Nobody who witnessed it can have forgotten Mark Rylance summoning giants to his aid in Jerusalem. As Johnny ‘Rooster’ Byron, drug-dealing roustabout threatened with expulsion from his little patch of Eden, Rylance roared and drummed until the theatre shuddered with the sound of gigantic stomps approaching. That colossal performance brought him to international — as in American — attention. The biggest giant to answer his call was Steven Spielberg. The world’s most successful living fabulist now won’t get out of bed for any other leading man.
We’ve already had Bridge of Spies, for which Rylance won an Oscar. There are two further Spielberg/Rylance collaborations on the runway. But for now, here comes The BFG, in which Rylance lends Rooster’s wurzelly vowels to the voice of Roald Dahl’s big friendly dreamcatcher.
This is a centenary celebration. Would the author have appreciated the birthday gift? Dahl’s antic stories for and about children have become box office in musical theatre, but cinema doesn’t quite know what to do with him: his last visit to the big screen was Tim Burton’s dismally claustrophobic Charlie and the Chocolate Factory. Until it opts for a weepier conclusion, this BFG is mostly faithful to the original — much more so than Spielberg’s Hollywoodisation of Hergé, which was basically Tintindiana Jones and the Doomed Template.
Fans of The BFG will recognise the story of Sophie, a young hyper-imaginative orphan girl who struggles with sleep. One night from the balcony of her orphanage in foggy London town she catches sight of a stealthy giant striding across the deserted Victorian cobbles. To prevent her revealing his existence, he steals her away to Giant Land, which here looks a bit like the Lake District enjoying a dry spell. It turns out the BFG is a vegetarian titch compared with his Brobdingnagian neighbours, a pack of ugly thugs whose fantasy snack is the flesh of human ‘beans’. Sophie’s wheeze to quash them once and for all involves enlisting the help of Her Majesty.
From the film’s Carrollesque lexicon and yokel conjugations (‘It be a troggle-humper’) you know you are in Dahl country. And yet the sense that you are also watching a Spielberg showreel is inescapable from the moment the BFG’s shadow first flits across a townhouse wall like a passing shark or raptor. The most overt forebear is E.T. the Extra-Terrestrial, whose scriptwriter Melissa Mathison adapted The BFG (she died last year and is the film’s dedicatee). Meanwhile those bullying giants adopt the predatorial behaviour patterns of their Jurassic or Martian stablemates, and are filmed as per. The scene in which Sophie and the BFG attempt to pass among their snoring bodies is a straight lift from Tintin. At times even Spielberg seems to be embarrassed about recycling his back catalogue quite so ecologically. The obligatory action sequences are no sooner started than brought to a hasty finish with a cough, a blush and an ‘anyway where were we?’
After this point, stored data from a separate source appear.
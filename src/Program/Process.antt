-- ===== src/Program/Process.antt =====
-- `main` of src/main.cpp with its threads: the main thread, which starts the generator and the consumer,
-- waits for the race, stops both, and destroys its local objects; the generator's thread, the
-- consumer's and the two workers of the pool. Threads take turns in any order. A turn of the generator
-- moves one car, with its push to the ring, or is a whole callback; a turn of the consumer is one call
-- of the ring; a worker takes a task, or runs it to its end.
mod Threads
pub mod Control
pub mod MainTurns
pub mod Reaches
pub mod Untouched
pub mod Added
pub mod Pending
pub mod Turns
pub mod Lifetimes
pub mod Flowing
pub mod Report
pub mod Callbacks
pub mod Jobs
pub mod Promises
pub mod Counted
pub mod Tracking
pub mod Finish
pub mod Apart
pub mod Asked
pub mod Workers
pub mod Ending
pub mod Joins
pub mod Returns
pub mod LapKept
pub mod Frozen
unfoldable pub use Threads.*
use formula_one_telemetry_si.Prelude.{
  ℕ, zero, suc, ◌-◌, Bool, true, false, ◌&&◌, ◌||◌, Option, none, some, List, [], ◌∷◌, ◌++◌, ◌==◌,
  ltb, length, if◌then◌else◌,
}
use formula_one_telemetry_si.Floats.{Floats}
use formula_one_telemetry_si.Types.{TelemetryFrame, TrackProfile, DriverState, RaceControlEvent}
use formula_one_telemetry_si.Queue.{FifoQueue}
use formula_one_telemetry_si.Spsc.{push, pop}
use formula_one_telemetry_si.RaceState.{RaceState, init, start_race, end_race}
use formula_one_telemetry_si.LapTimes.{LapTimeConsumer, poll}
use formula_one_telemetry_si.Pool
use formula_one_telemetry_si.Pool.{ThreadPool, Worker, waiting, running, exited}
use formula_one_telemetry_si.Telemetry
use formula_one_telemetry_si.Telemetry.{
  TelemetryGenerator, queue_capacity, move_car, move_cars, new_generator,
}
use formula_one_telemetry_si.Telemetry.Positions.{update_positions_and_drs}
use formula_one_telemetry_si.TrackLimits
use formula_one_telemetry_si.Program.{Job, check_limits, update_weather, Entry, Program, on_tick}
use formula_one_telemetry_si.Program.Live.{Live, new_live, with_race, entry_at, run_entry}
use formula_one_telemetry_si.Program.Process.Threads.{
  Object, locals, is_pool, Stage, starting_race, starting_generator, starting_consumer, watching,
  ending_race, stopping_generator, joining_generator, stopping_consumer, joining_consumer,
  reporting, leaving, joining_worker, Generating, Consuming, Turn, main_turn, generator_turn,
  consumer_turn, worker_turn, Process, worker_count, generator_joins, consumer_joins, has_exited,
  submit_jobs, jobs_after, jobs_of, race_of, consumer_of, main_step,
}

module _ {F Q W V : Type 0} ⦃f : Floats F⦄ where
  -- A round of the first loop of the consumer, or of the last once a stop is requested.
  unfoldable pub consumer_step : Consuming → Process F Q W V → Process F Q W V
  consumer_step Consuming.polling s =
      let c = poll queue_capacity (consumer_of s) in
      if s.consumer_stop then record s { consuming = Consuming.draining } else record s {
        generator = record s.generator { queue = c.queue };
        live = with_race c.race_state s.live;
      }
  consumer_step Consuming.draining s =
      let c = poll queue_capacity (consumer_of s) in
      let (_, done, _) = pop queue_capacity s.generator.queue in
      record s {
        consuming = if done then Consuming.draining else Consuming.returned;
        generator = record s.generator { queue = c.queue };
        live = with_race c.race_state s.live;
      }
  consumer_step Consuming.unstarted s = s
  consumer_step Consuming.returned s = s

module _ {F Q W V : Type 0} ⦃f : Floats F⦄ (engine : Telemetry.World F V) where
  -- One car of the loop of `tick`.
  unfoldable pub move_one :
      List (DriverState F)
      → DriverState F
      → List (DriverState F)
      → Process F Q W V
      → Process F Q W V
  move_one moved state rest s =
      let (moved', g, w) = move_cars engine (state ∷ []) s.generator s.world in
      let (state', _, _) = move_car engine s.generator.track s.world state in
      let (_, done) = push queue_capacity s.generator.queue state'.latest_frame in
      record s {
        generating = Generating.moving (moved ++ moved') rest;
        generator = g;
        world = w;
        accepted = if done then s.accepted ++ state'.latest_frame ∷ [] else s.accepted;
      }

  -- The end of `tick` before the callback.
  unfoldable pub end_tick : List (DriverState F) → Process F Q W V → Process F Q W V
  end_tick moved s = record s {
    generating = Generating.publishing;
    generator = record s.generator { states = update_positions_and_drs s.generator.track moved };
  }

  -- The test of the loop of `run`.
  unfoldable pub begin_tick : Process F Q W V → Process F Q W V
  begin_tick s = record s {
    generating =
        if s.generator_stop || s.generator.race_finished
        then Generating.returned
        else Generating.moving [] s.generator.states;
  }

  module _ (world : TrackLimits.World F W) (queue : FifoQueue Q RaceControlEvent) (tid : ℕ) where
    -- What the callback leaves, with its new jobs submitted to the pool, which throws once it is
    -- stopped.
    unfoldable pub finish_callback : Option (Program F Q) → Process F Q W V → Process F Q W V
    finish_callback none s = s
    finish_callback (some p) s =
        let new = jobs_after (jobs_of s) p.flights.jobs in
        if s.pool.stop && ltb 0 (length new) then s else record s {
          generating = Generating.testing;
          live = record s.live { program = p };
          pool = submit_jobs (length (jobs_of s)) new s.pool;
        }

    -- The generator's thread. A callback that throws, or that wants more fuel, leaves it where it is.
    unfoldable pub generator_step : ℕ → (ℕ → ℕ) → Generating F → Process F Q W V → Process F Q W V
    generator_step fuel clock Generating.testing s = begin_tick s
    generator_step fuel clock (Generating.moving moved (state ∷ rest)) s =
        move_one moved state rest s
    generator_step fuel clock (Generating.moving moved []) s = end_tick moved s
    generator_step fuel clock Generating.publishing s =
        finish_callback
          (on_tick queue fuel clock tid s.generator.race_lap s.generator.states s.live.program) s
    generator_step fuel clock Generating.unstarted s = s
    generator_step fuel clock Generating.returned s = s

    -- The worker `i` of the pool.
    unfoldable pub worker_step : ℕ → F → ℕ → Worker ℕ → Process F Q W V → Process F Q W V
    worker_step i coin now waiting s = record s { pool = Pool.step s.pool (Pool.wake i) }
    worker_step i coin now (running k) s = record s {
      live = run_entry world queue coin now k (entry_at (jobs_of s) k) s.live;
      pool = Pool.step s.pool (Pool.complete i);
    }
    worker_step i coin now exited s = s

    unfoldable pub step : Process F Q W V → Turn F → Process F Q W V
    step s (main_turn timed_out) = main_step s.stage timed_out s
    step s (generator_turn fuel clock) = generator_step fuel clock s.generating s
    step s consumer_turn = consumer_step s.consuming s
    step s (worker_turn i coin now) =
        if ltb i worker_count then worker_step i coin now (s.pool.workers i) s else s

    unfoldable pub run : Process F Q W V → List (Turn F) → Process F Q W V
    run s [] = s
    run s (t ∷ ts) = run (step s t) ts

  -- The objects as `main` builds them, over a new queue of events.
  unfoldable pub new_process : TrackProfile F → Q → W → V → Process F Q W V
  new_process track events limits w =
      let (g, w') = new_generator engine track w in
      record {
        stage = starting_race;
        generating = Generating.unstarted;
        generator_stop = false;
        consuming = Consuming.unstarted;
        consumer_stop = false;
        generator = g;
        world = w';
        live = with_race init (new_live events limits);
        pool = Pool.init;
        accepted = [];
      }

  module _ (world : TrackLimits.World F W) (queue : FifoQueue Q RaceControlEvent) (tid : ℕ) where
    -- The process after some turns from its beginning.
    abbrev pub after : TrackProfile F → Q → W → V → List (Turn F) → Process F Q W V
    after track events limits w ts = run world queue tid (new_process track events limits w) ts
The real departure is not from Dahl but from Quentin Blake. His stringy illustrations are momentarily quoted, but Spielberg has opted for his own aesthetic: an alliance of live actors with the usual whizz-banging, paradigm-shifting, approval-seeking animations. The BFG’s cluttered lair comes up a treat — the estate of Heath Robinson should sue for a percentage of the box office. And there are beautiful painterly touches, especially in the mountaintop dreamcatching sequence in which the BFG and Sophie plunge, apparently, into the Wonderful World of Disney. (Once upon a time Uncle Walt started animating Dahl’s first book, The Gremlins.)
As for the actual acting, Ruby Barnhill plays Sophie as a perky northern miss in a dark bob and specs. She becomes the latest child debutant to get two hours of screen time opposite not Dick Van Dyke but pixellated shadows. She looks a little lonely on screen until the final reel when the story reaches a splendidly appointed Buckingham Palace, peopled by Penelope Wilton’s jolly QE2 and sundry ramrod-backed soldiers in red tunics and bearskins.
But the film is held aloft by the loamy charm of Mark Rylance. He has a gift which cannot be bought, sold or bottled (except perhaps by Spielberg) for entirely committing to a character’s reality. Even behind his computer-generated mask, his sincere performance mainly consists of wiggles and twinkles. He’d make a great Scrooge or Prospero or God.
A parental warning to finish. Unlike a lot of films released for the hols, The BFG really is a direct mailshot to nine-year-olds. Knowing winks are infrequent. The Times read by the Queen is a broadsheet, a fun nod to nostalgists, and when she rings the White House she gets Nancy and asks for Ronnie. In the end this is an awkward alliance between Dahl’s cranky British eccentricity and Spielberg’s all-American instinct to reduce the world to tears.